Please return the material exactly; leave no entry out.
━━━ Dataset
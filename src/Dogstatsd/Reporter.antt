-- ===== src/Dogstatsd/Reporter.antt =====
-- dogstatsd.py, class Reporter: flush and what it posts. The aggregator is an interface; HTTP, whose
-- errors submit_http catches, is a list of the requests.
use dd_agent.Prelude.{
  ℕ, zero, suc, ◌+◌, ◌%◌, ◌==◌, Option, none, some, List, [], ◌∷◌, ◌++◌, Bool, true, false, leb,
  ◌||◌, if◌then◌else◌, length,
}
use dd_agent.Dogstatsd.Chunks.{chunks}
use dd_agent.Dogstatsd.Payload.{Encoding, Body, serialize_metrics}

-- The methods of the aggregator that a flush calls; an exception of flush leaves a state too.
pub record Source : Type 1 where
  pub State : Type 0
  pub Point : Type 0
  pub Event : Type 0
  pub Check : Type 0
  pub flush : State → Option (List Point) × State
  pub flush_events : State → List Event × State
  pub flush_service_checks : State → List Check × State
  pub total_count : State → ℕ

-- A request to the server: the series, a chunk of events, or service checks.
pub data Post (E C : Type 0) : Type 0 where
  series : Body → Post E C
  intake : List E → Post E C
  check_run : List C → Post E C

-- what DogstatsdStatus is given
pub record Status : Type 0 where
  pub flush_count : ℕ
  pub packet_count : ℕ
  pub metric_count : ℕ
  pub event_count : ℕ
  pub service_check_count : ℕ

pub record Reporter (S : Type 0) : Type 0 where
  pub metrics_aggregator : S
  pub flush_count : ℕ
  pub log_count : ℕ
  pub event_chunk_size : ℕ

-- event_chunk_size or EVENT_CHUNK_SIZE
abbrev pub chunk_size_of : Option ℕ → ℕ
chunk_size_of none = 50
chunk_size_of (some zero) = 50
chunk_size_of (some (suc n)) = suc n

unfoldable pub new_reporter : {S : Type 0} → S → Option ℕ → Reporter S
new_reporter aggregator size = record {
  metrics_aggregator = aggregator;
  flush_count = 0;
  log_count = 0;
  event_chunk_size = chunk_size_of size;
}

-- What a call has posted, whether it returned, and the status that was persisted.
pub record Report (S E C : Type 0) : Type 0 where
  pub posts : List (Post E C)
  pub status : Option Status
  pub log_info : Bool
  pub reporter : Reporter S

abbrev pub is_empty : {A : Type 0} → List A → Bool
is_empty [] = true
is_empty (_ ∷ _) = false

module _ (src : Source) (enc : Encoding src.Point) (dumps_events : List src.Event → Bool)
    (dumps_checks : List src.Check → Bool) where
  open src use {State, Event, Check}

  -- submit: the posts, or those before an exception
  unfoldable pub submit : List src.Point → Option (List (Post Event Check))
  unfolding serialize_metrics
  submit metrics = elim (serialize_metrics enc metrics) [
    | none ↦ none
    | some b ↦ some (series b ∷ [])
  ]

  -- the loop over the chunks: what it posts, and whether json.dumps succeeds on all
  unfoldable pub post_chunks : List (List Event) → List (Post Event Check) × Bool
  post_chunks [] = ([], true)
  post_chunks (c ∷ cs) =
      let (posts, all) = post_chunks cs in
      if dumps_events c then (intake c ∷ posts, all) else ([], false)

  -- submit_events; the generator ends, since the chunk size is not 0
  unfoldable pub submit_events : List Event → ℕ → List (Post Event Check) × Bool
  unfolding chunks post_chunks
  submit_events events size = elim (chunks events size) [
    | none ↦ ([], false)
    | some cs ↦ post_chunks cs
  ]

  unfoldable pub submit_service_checks : List Check → List (Post Event Check) × Bool
  submit_service_checks checks =
      if dumps_checks checks then (check_run checks ∷ [], true) else ([], false)

  abbrev Reported : Type 0
  Reported = Report State Event Check

  -- the log line and the status at the end of flush
  unfoldable pub finish : ℕ → ℕ → ℕ → List (Post Event Check) → Reporter State → Reported
  finish metrics events checks posts r = record {
    posts = posts;
    status = some (record {
      flush_count = r.flush_count;
      packet_count = src.total_count r.metrics_aggregator;
      metric_count = metrics;
      event_count = events;
      service_check_count = checks;
    });
    log_info = leb r.flush_count 10 || leb r.log_count 5;
    reporter = r;
  }

  abbrev stopped : List (Post Event Check) → Reporter State → Reported
  stopped posts r = record { posts = posts; status = none; log_info = false; reporter = r }

  unfoldable pub flush_checks : ℕ → ℕ → List (Post Event Check) → Reporter State → Reported
  unfolding submit_service_checks finish
  flush_checks metrics events posts r =
      let (checks, s) = src.flush_service_checks r.metrics_aggregator in
      let r' : Reporter State = record r { metrics_aggregator = s } in
      if is_empty checks
      then finish metrics events 0 posts r'
      else (let (more, fine) = submit_service_checks checks in
          if fine
          then finish metrics events (length checks) (posts ++ more) r'
          else stopped posts r')

  unfoldable pub flush_events : ℕ → List (Post Event Check) → Reporter State → Reported
  unfolding submit_events flush_checks
  flush_events metrics posts r =
      let (events, s) = src.flush_events r.metrics_aggregator in
      let r' : Reporter State = record r { metrics_aggregator = s } in
      if is_empty events
      then flush_checks metrics 0 posts r'
      else (let (more, fine) = submit_events events r.event_chunk_size in
          if fine
          then flush_checks metrics (length events) (posts ++ more) r'
          else stopped (posts ++ more) r')

  -- flush after its first call of the aggregator
  unfoldable pub flush_metrics : Option (List src.Point) → Reporter State → Reported
  unfolding flush_events submit
  flush_metrics none r = stopped [] r
  flush_metrics (some metrics) r =
      let r' : Reporter State = record r {
        log_count = if r.flush_count % 70 == 0 then 0 else r.log_count;
      } in
      if is_empty metrics then flush_events 0 [] r' else elim (submit metrics) [
        | none ↦ stopped [] r'
        | some posts ↦ flush_events (length metrics) posts r'
      ]

  -- the reporter of a flush, when the aggregator has been flushed
  abbrev pub counted : Reporter State → State → Reporter State
  counted r s = record r {
    metrics_aggregator = s;
    flush_count = r.flush_count + 1;
    log_count = r.log_count + 1;
  }

  unfoldable pub flush : Reporter State → Reported
  unfolding flush_metrics
  flush r = let (flushed, s) = src.flush r.metrics_aggregator in flush_metrics flushed (counted r s)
━━━━━━
- Your solution:
filename src/Dogstatsd/Reporter.antt
-- ===== src/Dogstatsd/Reporter.antt =====
-- dogstatsd.py, class Reporter: flush and what it posts. The aggregator is an interface; HTTP, whose
-- errors submit_http catches, is a list of the requests.
use dd_agent.Prelude.{
  ℕ, zero, suc, ◌+◌, ◌%◌, ◌==◌, Option, none, some, List, [], ◌∷◌, ◌++◌, Bool, true, false, leb,
  ◌||◌, if◌then◌else◌, length,
}
use dd_agent.Dogstatsd.Chunks.{chunks}
use dd_agent.Dogstatsd.Payload.{Encoding, Body, serialize_metrics}

-- The methods of the aggregator that a flush calls; an exception of flush leaves a state too.
pub record Source : Type 1 where
  pub State : Type 0
  pub Point : Type 0
  pub Event : Type 0
  pub Check : Type 0
  pub flush : State → Option (List Point) × State
  pub flush_events : State → List Event × State
  pub flush_service_checks : State → List Check × State
  pub total_count : State → ℕ

-- A request to the server: the series, a chunk of events, or service checks.
pub data Post (E C : Type 0) : Type 0 where
  series : Body → Post E C
  intake : List E → Post E C
  check_run : List C → Post E C

-- what DogstatsdStatus is given
pub record Status : Type 0 where
  pub flush_count : ℕ
  pub packet_count : ℕ
  pub metric_count : ℕ
  pub event_count : ℕ
  pub service_check_count : ℕ

pub record Reporter (S : Type 0) : Type 0 where
  pub metrics_aggregator : S
  pub flush_count : ℕ
  pub log_count : ℕ
  pub event_chunk_size : ℕ

-- event_chunk_size or EVENT_CHUNK_SIZE
abbrev pub chunk_size_of : Option ℕ → ℕ
chunk_size_of none = 50
chunk_size_of (some zero) = 50
chunk_size_of (some (suc n)) = suc n

unfoldable pub new_reporter : {S : Type 0} → S → Option ℕ → Reporter S
new_reporter aggregator size = record {
  metrics_aggregator = aggregator;
  flush_count = 0;
  log_count = 0;
  event_chunk_size = chunk_size_of size;
}

-- What a call has posted, whether it returned, and the status that was persisted.
pub record Report (S E C : Type 0) : Type 0 where
  pub posts : List (Post E C)
  pub status : Option Status
  pub log_info : Bool
  pub reporter : Reporter S

abbrev pub is_empty : {A : Type 0} → List A → Bool
is_empty [] = true
is_empty (_ ∷ _) = false

module _ (src : Source) (enc : Encoding src.Point) (dumps_events : List src.Event → Bool)
    (dumps_checks : List src.Check → Bool) where
  open src use {State, Event, Check}

  -- submit: the posts, or those before an exception
  unfoldable pub submit : List src.Point → Option (List (Post Event Check))
  unfolding serialize_metrics
  submit metrics = elim (serialize_metrics enc metrics) [
    | none ↦ none
    | some b ↦ some (series b ∷ [])
  ]

  -- the loop over the chunks: what it posts, and whether json.dumps succeeds on all
  unfoldable pub post_chunks : List (List Event) → List (Post Event Check) × Bool
  post_chunks [] = ([], true)
  post_chunks (c ∷ cs) =
      let (posts, all) = post_chunks cs in
      if dumps_events c then (intake c ∷ posts, all) else ([], false)

  -- submit_events; the generator ends, since the chunk size is not 0
  unfoldable pub submit_events : List Event → ℕ → List (Post Event Check) × Bool
  unfolding chunks post_chunks
  submit_events events size = elim (chunks events size) [
    | none ↦ ([], false)
    | some cs ↦ post_chunks cs
  ]

  unfoldable pub submit_service_checks : List Check → List (Post Event Check) × Bool
  submit_service_checks checks =
      if dumps_checks checks then (check_run checks ∷ [], true) else ([], false)

  abbrev Reported : Type 0
  Reported = Report State Event Check

  -- the log line and the status at the end of flush
  unfoldable pub finish : ℕ → ℕ → ℕ → List (Post Event Check) → Reporter State → Reported
  finish metrics events checks posts r = record {
    posts = posts;
    status = some (record {
      flush_count = r.flush_count;
      packet_count = src.total_count r.metrics_aggregator;
      metric_count = metrics;
      event_count = events;
      service_check_count = checks;
    });
    log_info = leb r.flush_count 10 || leb r.log_count 5;
    reporter = r;
  }

  abbrev stopped : List (Post Event Check) → Reporter State → Reported
  stopped posts r = record { posts = posts; status = none; log_info = false; reporter = r }

  unfoldable pub flush_checks : ℕ → ℕ → List (Post Event Check) → Reporter State → Reported
  unfolding submit_service_checks finish
  flush_checks metrics events posts r =
      let (checks, s) = src.flush_service_checks r.metrics_aggregator in
      let r' : Reporter State = record r { metrics_aggregator = s } in
      if is_empty checks
      then finish metrics events 0 posts r'
      else (let (more, fine) = submit_service_checks checks in
          if fine
          then finish metrics events (length checks) (posts ++ more) r'
          else stopped posts r')

  unfoldable pub flush_events : ℕ → List (Post Event Check) → Reporter State → Reported
  unfolding submit_events flush_checks
  flush_events metrics posts r =
      let (events, s) = src.flush_events r.metrics_aggregator in
      let r' : Reporter State = record r { metrics_aggregator = s } in
      if is_empty events
      then flush_checks metrics 0 posts r'
      else (let (more, fine) = submit_events events r.event_chunk_size in
          if fine
          then flush_checks metrics (length events) (posts ++ more) r'
          else stopped (posts ++ more) r')

  -- flush after its first call of the aggregator
  unfoldable pub flush_metrics : Option (List src.Point) → Reporter State → Reported
  unfolding flush_events submit
  flush_metrics none r = stopped [] r
  flush_metrics (some metrics) r =
      let r' : Reporter State = record r {
        log_count = if r.flush_count % 70 == 0 then 0 else r.log_count;
      } in
      if is_empty metrics then flush_events 0 [] r' else elim (submit metrics) [
        | none ↦ stopped [] r'
        | some posts ↦ flush_events (length metrics) posts r'
      ]

  -- the reporter of a flush, when the aggregator has been flushed
  abbrev pub counted : Reporter State → State → Reporter State
  counted r s = record r {
    metrics_aggregator = s;
    flush_count = r.flush_count + 1;
    log_count = r.log_count + 1;
  }

  unfoldable pub flush : Reporter State → Reported
  unfolding flush_metrics
  flush r = let (flushed, s) = src.flush r.metrics_aggregator in flush_metrics flushed (counted r s)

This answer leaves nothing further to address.